The Shema affirms that there is one God, one divine being, one source of all that exists. The Trinity affirms this while recognising that within God’s unity exists genuine personal distinction. It’s mystery, certainly – but it’s not polytheism.

The Roles of the Trinity in Salvation

The distinct personhood of Father, Son, and Spirit becomes especially clear when we look at salvation. If modalism were true – if these were just different roles of one person – then salvation wouldn’t work the way Scripture describes it.

  • The Father is the initiator of salvation. He sent Jesus Christ to die for our sins (John 3:16). He justifies us through faith in Jesus (Romans 8:33).

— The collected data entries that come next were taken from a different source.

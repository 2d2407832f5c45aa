-- ===== src/Prelude/Maps.antt =====
-- Rust's `HashMap` as an association list, in which a key is found where it stands first.
use Prim.Native.Nat.{ℕ}
use mathlib.Core.Bool.{Bool, true, false, not, ◌||◌}
use mathlib.Core.List.{List, [], ◌∷◌, map}
use mathlib.Core.Option.{Option, none, some}
use mathlib.Core.Path.{◌≡◌, refl, sym, ap, ◌∙◌}
use mathlib.Core.Logic.{◌≢◌, inl, inr}
use native.Mathlib.Omega.{arith}
use vcash.Prelude.Tests.{◌==◌, if◌then◌else◌, ==→eq, eq→==, ne→not_==, Bool-cases}
use vcash.Prelude.Lists.{filter, All, All-weaken, Among}

module _ {ℓ} {V : Type ℓ} where
  abbrev pub contains_key : ℕ → List (ℕ × V) → Bool
  contains_key k [] = false
  contains_key k ((j, v) ∷ m) = j == k || contains_key k m

  abbrev pub get : ℕ → List (ℕ × V) → Option V
  get k [] = none
  get k ((j, v) ∷ m) = let later = get k m in if j == k then some v else later

  abbrev pub erase : ℕ → List (ℕ × V) → List (ℕ × V)
  erase k m = filter (λ (e : ℕ × V). not (e.0 == k)) m

  abbrev pub insert : ℕ → V → List (ℕ × V) → List (ℕ × V)
  insert k v m = (k, v) ∷ erase k m

  abbrev pub keys : List (ℕ × V) → List ℕ
  keys m = map (λ (e : ℕ × V). e.0) m

  -- What a filter keeps is still found.
  pub get-filter :
      (test : ℕ × V → Bool) (k : ℕ) (v : V) (m : List (ℕ × V))
      → get k m ≡ some v
      → test (k, v) ≡ true
      → get k (filter test m) ≡ some v
  get-filter test k v [] e t = absurd (cc)
  get-filter test k v ((j, w) ∷ m) e t = elim (Bool-cases (j == k)) [
    | inl here ↦
        let first : some w ≡ some v = rw here at e in
        let same : w ≡ v = cc in
        let key : j ≡ k = ==→eq j k here in
        let kept : test (j, w) ≡ true = rw (key, same) t in rw (kept, here) (ap some same)
    | inr past ↦ elim (Bool-cases (test (j, w))) [
      | inl t' ↦ rw (t', past) (get-filter test k v m (rw past at e) t)
      | inr f' ↦ rw f' (get-filter test k v m (rw past at e) t)
    ]
  ]

  pub get-erase_self : (k : ℕ) (m : List (ℕ × V)) → get k (erase k m) ≡ none
  get-erase_self k [] = refl
  get-erase_self k ((j, w) ∷ m) = elim (Bool-cases (j == k)) [
    | inl here ↦ rw here (get-erase_self k m)
    | inr past ↦ rw (past, past) (get-erase_self k m)
  ]

  pub get-erase : (k h : ℕ) (m : List (ℕ × V)) → k ≢ h → get k (erase h m) ≡ get k m
  get-erase k h [] ne = refl
  get-erase k h ((j, w) ∷ m) ne = elim (Bool-cases (j == h)) [
    | inl gone ↦
        let past : j == k ≡ false = ground (arith, ==→eq j h gone) in
        rw (gone, past) (get-erase k h m ne)
    | inr stays ↦ elim (Bool-cases (j == k)) [
      | inl here ↦ rw (stays, here) refl
      | inr past ↦ rw (stays, past) (get-erase k h m ne)
    ]
  ]

  pub Among-keys : (k : ℕ) (v : V) (m : List (ℕ × V)) → get k m ≡ some v → Among k (keys m)
  Among-keys k v [] e = absurd (cc)
  Among-keys k v ((j, w) ∷ m) e = elim (Bool-cases (j == k)) [
    | inl here ↦ inl (sym (==→eq j k here))
    | inr past ↦ inr (Among-keys k v m (rw past at e))
  ]

  -- Every key is found.
  pub All-contains_key : (m : List (ℕ × V)) → All (λ (e : ℕ × V). contains_key e.0 m ≡ true) m
  All-contains_key [] = tt
  All-contains_key ((j, w) ∷ m) = (
    rw (eq→== j j refl) refl,
    All-weaken _ (λ (e : ℕ × V). contains_key e.0 ((j, w) ∷ m) ≡ true) m (λ e p. later (j == e.0) p)
        (All-contains_key m),
  )
    where
      later : (b : Bool) {c : Bool} → c ≡ true → (b || c) ≡ true
      later true p = refl
      later false p = p

  pub get-insert_self : (k : ℕ) (v : V) (m : List (ℕ × V)) → get k (insert k v m) ≡ some v
  get-insert_self k v m = rw (eq→== k k refl) refl

  pub get-insert : (k h : ℕ) (v : V) (m : List (ℕ × V)) → k ≢ h → get k (insert h v m) ≡ get k m
  get-insert k h v m ne =
      let past : h == k ≡ false = ne→not_== h k (λ e. ne (sym e)) in rw past (get-erase k h m ne)

  pub get-insert_at : (k h : ℕ) (v : V) (m : List (ℕ × V)) → k ≡ h → get k (insert h v m) ≡ some v
  get-insert_at k h v m e = ap (λ z. get z (insert h v m)) e ∙ get-insert_self h v m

The Father will glorify us at the end of time (1 Thessalonians 5:9).
  • The Son saves us from our sins, dying on the cross for us (1 Peter 3:18). He intercedes for us before the Father (Romans 8:34). Jesus is the righteous judge of the living and the dead (Matthew 25:31-46).
  • The Holy Spirit convicts us of our sin (John 16:8). The Spirit regenerates us and gives us new life (Titus 3:5). The Holy Spirit indwells us and empowers us to live our new lives in Christ (Romans 8:9-11).

We are baptised in the name of the Father, the Son, and the Holy Spirit (Matthew 28:19-20). We receive the grace of Jesus, the love of the Father, and the fellowship of the Holy Spirit (2 Corinthians 13:14).

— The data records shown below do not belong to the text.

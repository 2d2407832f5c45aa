-- ===== src/Chain/Orphans.antt =====
-- The pool of orphans of chain/src/chain.rs. A time is a number of nanoseconds.
pub mod Bounds
pub mod Placed
use vcash.Prelude.{
  filter, ℕ, ◌+◌, ◌-◌, ◌*◌, ◌^◌, Bool, List, [], ◌∷◌, ◌++◌, length, Option, none, some, ltb, leb,
  ◌==◌, if◌then◌else◌, wrap64,
}
use vcash.Prelude.Maps
use vcash.Transaction.Features.{any}
use vcash.Chain.Types.{BlockHeader, Block}

-- `Options`: the flags that a block is processed with.
pub record Options : Type 0 where
  pub skip_pow : Bool
  pub sync : Bool
  pub mine : Bool

pub record Orphan : Type 0 where
  pub block : Block
  pub opts : Options
  pub added : ℕ

-- The orphans by their hash, and the hashes by their height.
pub record OrphanBlockPool : Type 0 where
  pub orphans : List (ℕ × Orphan)
  pub height_idx : List (ℕ × List ℕ)
  pub evicted : ℕ

abbrev pub max_orphan_size : ℕ
max_orphan_size = 200

abbrev pub max_orphan_age : ℕ
max_orphan_age = 300 * 10 ^ 9

abbrev pub new : OrphanBlockPool
new = record { orphans = []; height_idx = []; evicted = 0 }

abbrev pub or_empty : Option (List ℕ) → List ℕ
or_empty none = []
or_empty (some hs) = hs

-- The hashes that are indexed under a height.
abbrev pub hashes_at : ℕ → List (ℕ × List ℕ) → List ℕ
hashes_at height idx = or_empty (Maps.get height idx)

-- `entry(height).or_insert(vec![]).push(hash)`.
unfoldable pub push_hash : ℕ → ℕ → List (ℕ × List ℕ) → List (ℕ × List ℕ)
push_hash height hash idx = Maps.insert height (hashes_at height idx ++ (hash ∷ [])) idx

unfoldable pub remove_all : List ℕ → List (ℕ × Orphan) → List (ℕ × Orphan)
remove_all [] orphans = orphans
remove_all (h ∷ hs) orphans = remove_all hs (Maps.erase h orphans)

-- `sort_unstable` and `rev`, for keys that occur once.
unfoldable pub insert_descending : ℕ → List ℕ → List ℕ
insert_descending h [] = h ∷ []
insert_descending h (k ∷ ks) =
    let rest = insert_descending h ks in if leb k h then h ∷ k ∷ ks else k ∷ rest

unfoldable pub descending : List ℕ → List ℕ
descending [] = []
descending (h ∷ hs) = insert_descending h (descending hs)

-- The heights are dropped one by one until the orphans are fewer than the limit.
unfoldable pub evict_loop :
    List ℕ → List (ℕ × Orphan) → List (ℕ × List ℕ) → List (ℕ × Orphan) × List (ℕ × List ℕ)
evict_loop [] orphans idx = (orphans, idx)
evict_loop (h ∷ hs) orphans idx =
    let fewer = remove_all (hashes_at h idx) orphans in
    let rest = evict_loop hs fewer (Maps.erase h idx) in
    if ltb (length fewer) max_orphan_size then (fewer, Maps.erase h idx) else rest

-- `retain` on the orphans, at the time `now`.
unfoldable pub retain_young : ℕ → List (ℕ × Orphan) → List (ℕ × Orphan)
retain_young now orphans = filter (λ (e : ℕ × Orphan). ltb (now - e.1.added) max_orphan_age) orphans

-- `retain` on the index: a height stays if one of its hashes is that of an orphan.
unfoldable pub cleanup : List (ℕ × Orphan) → List (ℕ × List ℕ) → List (ℕ × List ℕ)
cleanup orphans idx = filter (λ (e : ℕ × List ℕ). any (λ h. Maps.contains_key h orphans) e.1) idx

unfoldable pub evict : ℕ → OrphanBlockPool → OrphanBlockPool
evict now pool =
    let left =
      evict_loop (descending (Maps.keys pool.height_idx)) (retain_young now pool.orphans)
        pool.height_idx in
    record {
      orphans = left.0;
      height_idx = cleanup left.0 left.1;
      evicted = wrap64 (pool.evicted + (length pool.orphans - length left.0));
    }

module _ (hash : BlockHeader → ℕ) where
  unfoldable pub with_orphan : Orphan → OrphanBlockPool → OrphanBlockPool
  with_orphan orphan pool =
      let h = hash orphan.block.header in
      record pool {
        orphans = Maps.insert h orphan pool.orphans;
        height_idx = push_hash orphan.block.header.height h pool.height_idx;
      }

  unfoldable pub add : ℕ → Orphan → OrphanBlockPool → OrphanBlockPool
  add now orphan pool =
      let more = with_orphan orphan pool in
      if ltb max_orphan_size (length more.orphans) then evict now more else more

abbrev pub found : Option Orphan → List Orphan → List Orphan
found none orphans = orphans
found (some o) orphans = o ∷ orphans

-- `filter_map(|h| orphans.remove(h))`, with what is left.
unfoldable pub take_all : List ℕ → List (ℕ × Orphan) → List Orphan × List (ℕ × Orphan)
take_all [] orphans = ([], orphans)
take_all (h ∷ hs) orphans =
    let rest = take_all hs (Maps.erase h orphans) in (found (Maps.get h orphans) (rest.0), rest.1)

unfoldable pub remove_by_height : ℕ → OrphanBlockPool → Option (List Orphan × OrphanBlockPool)
remove_by_height height pool = elim (Maps.get height pool.height_idx) [
  | none ↦ none
  | some hs ↦
      let taken = take_all hs pool.orphans in
      some
        (taken.0, record pool { orphans = taken.1; height_idx = Maps.erase height pool.height_idx })
]

abbrev pub contains : ℕ → OrphanBlockPool → Bool
contains h pool = Maps.contains_key h pool.orphans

These are not different roles of one person at different times. They are three distinct persons working in perfect harmony to accomplish our salvation. The Father sends, the Son is sent, and the Spirit applies the finished work of Christ to our lives. Each plays a unique role that cannot be collapsed into the others.

Modalism Is Not Trinitarian Doctrine

This is the crucial point: Trinitarians explicitly reject modalism. We don’t believe God is one person wearing different masks. We believe God is three distinct persons sharing one divine essence.

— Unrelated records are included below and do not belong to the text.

-- ===== src/Chain/Facade.antt =====
-- The façade of chain/src/chain.rs: how a block, a header and a chunk of headers go through the pipeline,
-- are kept or dropped, and what becomes of orphans.
pub mod Progress
pub mod Terminates
pub mod Status
mod Runs
use vcash.Prelude.{
  is_ok, ℕ, zero, suc, ◌+◌, ◌-◌, Bool, true, false, ◌||◌, List, [], ◌∷◌, length, last, Option, none,
  some, Result, ok, err, ◌==◌, if◌then◌else◌, wrap64,
}
use vcash.Consensus.Params.{ChainType}
use vcash.Chain.Types.{
  BlockHeader, Block, Tip, ChainError, Batch, Env, Context, head, orphan, known_in_head,
  known_in_store, bit_difficulty_too_low, bad_bit_diffbits, invalid_coinbase, invalid_merklebranch,
}
use vcash.Chain.Process.{process_block_header, sync_block_headers}
use vcash.Chain.Process
use vcash.Chain.Orphans.{Options, Orphan, OrphanBlockPool, remove_by_height}
use vcash.Chain.Orphans

pub data BlockStatus : Type 0 where
  next fork : BlockStatus
  reorg : ℕ → BlockStatus

-- What the caller is told: an error of the pipeline, one of auxiliary data, or any other with its
-- text.
pub data BlockError : Type 0 where
  kept : ChainError → BlockError
  bad_aux_data_block : BlockError
  other : ChainError → BlockError

-- The store as it is committed, the two header MMRs and the other MMRs on disk, the orphans, how often
-- the clock was read, and the accepted blocks that the adapter was told of, the last one first.
pub record Chain (env : Env) : Type 0 where
  pub store : Batch
  pub header_pmmr : env.H
  pub sync_pmmr : env.H
  pub txhashset : env.T
  pub orphans : OrphanBlockPool
  pub reads : ℕ
  pub accepted : List (Block × BlockStatus × Options)

-- The status where there is a new head.
abbrev pub status_of_head : Tip → Tip → BlockStatus
status_of_head tip prev_head =
    if tip.prev_block_h == prev_head.last_block_h
    then next
    else reorg (wrap64 (prev_head.height - tip.height + 1))

unfoldable pub determine_status : Option Tip → Tip → BlockStatus
determine_status none prev_head = fork
determine_status (some tip) prev_head = status_of_head tip prev_head

-- The error that is passed on for one of the pipeline.
abbrev pub reported : ChainError → BlockError
reported orphan = kept orphan
reported known_in_head = kept known_in_head
reported known_in_store = kept known_in_store
reported bit_difficulty_too_low = bad_aux_data_block
reported bad_bit_diffbits = bad_aux_data_block
reported invalid_coinbase = bad_aux_data_block
reported invalid_merklebranch = bad_aux_data_block
reported e = other e

module _ (chain : ChainType) (env : Env) (clock : ℕ → ℕ) where
  abbrev pub with_opts : Options → Env
  with_opts opts = record env { skip_pow = opts.skip_pow }

  -- `new_ctx`, with the header MMR or the one of the header sync.
  abbrev pub new_ctx : (opts : Options) → env.H → Chain env → Context (with_opts opts)
  new_ctx opts h c = record { batch = c.store; header_pmmr = h; txhashset = c.txhashset }

  -- A batch that is not committed is dropped; what was written to the MMRs stays.
  abbrev pub dropped : (opts : Options) → Context (with_opts opts) → Chain env → Chain env
  dropped opts x c = record c { header_pmmr = x.header_pmmr; txhashset = x.txhashset }

  abbrev pub committed : (opts : Options) → Context (with_opts opts) → Chain env → Chain env
  committed opts x c = record c {
    store = x.batch;
    header_pmmr = x.header_pmmr;
    txhashset = x.txhashset;
  }

  -- The clock is read for the orphan and again where its age is compared.
  abbrev pub add_orphan : Block → Options → Chain env → Chain env
  add_orphan b opts c = record c {
    orphans =
        Orphans.add env.hash (clock (suc c.reads))
          (record { block = b; opts = opts; added = clock c.reads }) c.orphans;
    reads = suc (suc c.reads);
  }

  unfoldable pub refuse : Block → Options → ChainError → Chain env → Chain env
  refuse b opts orphan c = add_orphan b opts c
  refuse b opts e c = c

  -- What follows the pipeline.
  abbrev pub conclude :
      Block
      → (opts : Options) → Tip
      → Chain env
      → Result ChainError (Option Tip) × Context (with_opts opts)
      → Result BlockError (Option Tip) × Chain env
  conclude b opts prev_head c (ok new_head, x) = (
    ok new_head,
    record (committed opts x c) {
      accepted = (b, determine_status new_head prev_head, opts) ∷ c.accepted;
    },
  )
  conclude b opts prev_head c (err e, x) = (err (reported e), refuse b opts e (dropped opts x c))

  unfoldable pub process_block_single :
      Block → Options → Chain env → Result BlockError (Option Tip) × Chain env
  process_block_single b opts c = elim (head env c.store) [
    | err e ↦ (err (kept e), c)
    | ok prev_head ↦
        conclude b opts prev_head c
          (Process.process_block chain (with_opts opts) b (new_ctx opts c.header_pmmr c))
  ]

  -- Orphans of one height, one after the other, with the height of the last one that was accepted and
  -- whether there was one.
  unfoldable pub process_orphans : List Orphan → ℕ × Bool → Chain env → (ℕ × Bool) × Chain env
  process_orphans [] a c = (a, c)
  process_orphans (o ∷ os) a c =
      let r = process_block_single o.block o.opts c in
      process_orphans os (if is_ok r.0 then (o.block.header.height, true) else a) r.1

  -- Round by round up the heights, as long as a block is accepted; `none` where the rounds run out.
  unfoldable pub check_orphans : ℕ → ℕ → Chain env → Option (Chain env)
  check_orphans zero height c = none
  check_orphans (suc fuel) height c = elim (remove_by_height height c.orphans) [
    | none ↦ some c
    | some taken ↦
        let r = process_orphans taken.0 (height, false) (record c { orphans = taken.1 }) in
        elim (r.0.1) [ true ↦ check_orphans fuel (wrap64 (r.0.0 + 1)) r.1 | false ↦ some r.1 ]
  ]

  -- As many rounds as there are heights with orphans, and one more.
  abbrev pub checked_orphans : ℕ → Chain env → Option (Chain env)
  checked_orphans height c = check_orphans (suc (length c.orphans.height_idx)) height c

  abbrev pub with_result :
      Result BlockError (Option Tip)
      → Option (Chain env)
      → Option (Result BlockError (Option Tip) × Chain env)
  with_result res none = none
  with_result res (some c) = some (res, c)

  unfoldable pub process_block :
      Block → Options → Chain env → Option (Result BlockError (Option Tip) × Chain env)
  process_block b opts c =
      let r = process_block_single b opts c in
      if is_ok r.0
      then with_result r.0 (checked_orphans (wrap64 (b.header.height + 1)) r.1)
      else some r

  -- A header on its own: kept only if it is accepted.
  abbrev pub settle_header :
      (opts : Options)
      → Chain env
      → Result ChainError (Unit {0}) × Context (with_opts opts)
      → Result ChainError (Unit {0}) × Chain env
  settle_header opts c (ok u, x) = (ok u, committed opts x c)
  settle_header opts c (err e, x) = (err e, dropped opts x c)

  unfoldable pub process_header :
      BlockHeader → Options → Chain env → Result ChainError (Unit {0}) × Chain env
  process_header bh opts c =
      settle_header opts c
        (process_block_header chain (with_opts opts) bh (new_ctx opts c.header_pmmr c))

  -- A chunk of headers goes to the MMR of the header sync.
  abbrev pub settle_sync :
      (opts : Options)
      → Chain env
      → Result ChainError (Unit {0}) × Context (with_opts opts)
      → Result ChainError (Unit {0}) × Chain env
  settle_sync opts c (ok u, x) =
      (ok u, record c { store = x.batch; sync_pmmr = x.header_pmmr; txhashset = x.txhashset })
  settle_sync opts c (err e, x) =
      (err e, record c { sync_pmmr = x.header_pmmr; txhashset = x.txhashset })

  -- The last header is then processed on its own.
  abbrev pub process_last :
      Option BlockHeader
      → Options
      → Result ChainError (Unit {0}) × Chain env
      → Result ChainError (Unit {0}) × Chain env
  process_last none opts r = r
  process_last (some header) opts (ok u, c) = process_header header opts c
  process_last (some header) opts (err e, c) = (err e, c)

  unfoldable pub sync_headers :
      List BlockHeader → Options → Chain env → Result ChainError (Unit {0}) × Chain env
  sync_headers headers opts c = process_last (last headers) opts (
      settle_sync opts c
        (sync_block_headers chain (with_opts opts) headers (new_ctx opts c.sync_pmmr c)))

Modalism was condemned as heresy in the early centuries of Christianity precisely because it contradicts Scripture’s portrayal of Father, Son, and Spirit existing simultaneously and relating to one another. At Jesus’ baptism, the Son is baptised, the Spirit descends like a dove, and the Father speaks from heaven. That’s not one person in different modes – that’s three persons present at once.

When unitarians argue that Trinity must be modalism and then show why modalism doesn’t work, they’re fighting a doctrine that Trinitarians don’t hold. It’s a powerful rhetorical move, but it’s ultimately attacking a strawman.

The Challenge for Former Unitarians

I understand the difficulty here. For 50 years, I couldn’t conceive of how “three persons, one God” could work without being either polytheism or modalism. It felt like Trinitarians were playing word games, trying to have it both ways.

What helped me was recognising that my inability to fully comprehend God’s nature doesn’t make it false. We’re finite creatures trying to understand infinite reality. That we can’t fully grasp how three persons share one divine essence doesn’t mean it’s incoherent – it means it’s mystery.

Scripture clearly teaches:

  • There is one God (monotheism)
  • The Father is God
  • The Son is God
  • The Spirit is God
  • Father, Son, and Spirit are distinct (not modes)

The Trinity is the church’s attempt to hold all these biblical truths together without reducing any of them. It’s not perfect language – no human words can fully capture divine reality – but it’s faithful to what Scripture reveals.

Conclusion

Monotheism and modalism represent the twin dangers we must avoid. Modalism preserves God’s unity by denying real distinction between Father, Son, and Spirit. Tritheism preserves distinction by denying genuine unity.

The Trinity walks the biblical path between these errors: one God in three persons, unity and distinction held together, mystery and revelation in perfect balance.

This isn’t logical gymnastics or theological word games. It’s the church’s faithful attempt to articulate what Scripture reveals about God’s nature – that the one true God exists eternally in loving relationship within himself, Father, Son, and Spirit, united in essence and distinct in person.

That’s the God who saves us. Not a solitary monad but a divine community of love, inviting us into relationship with the triune God revealed in Scripture.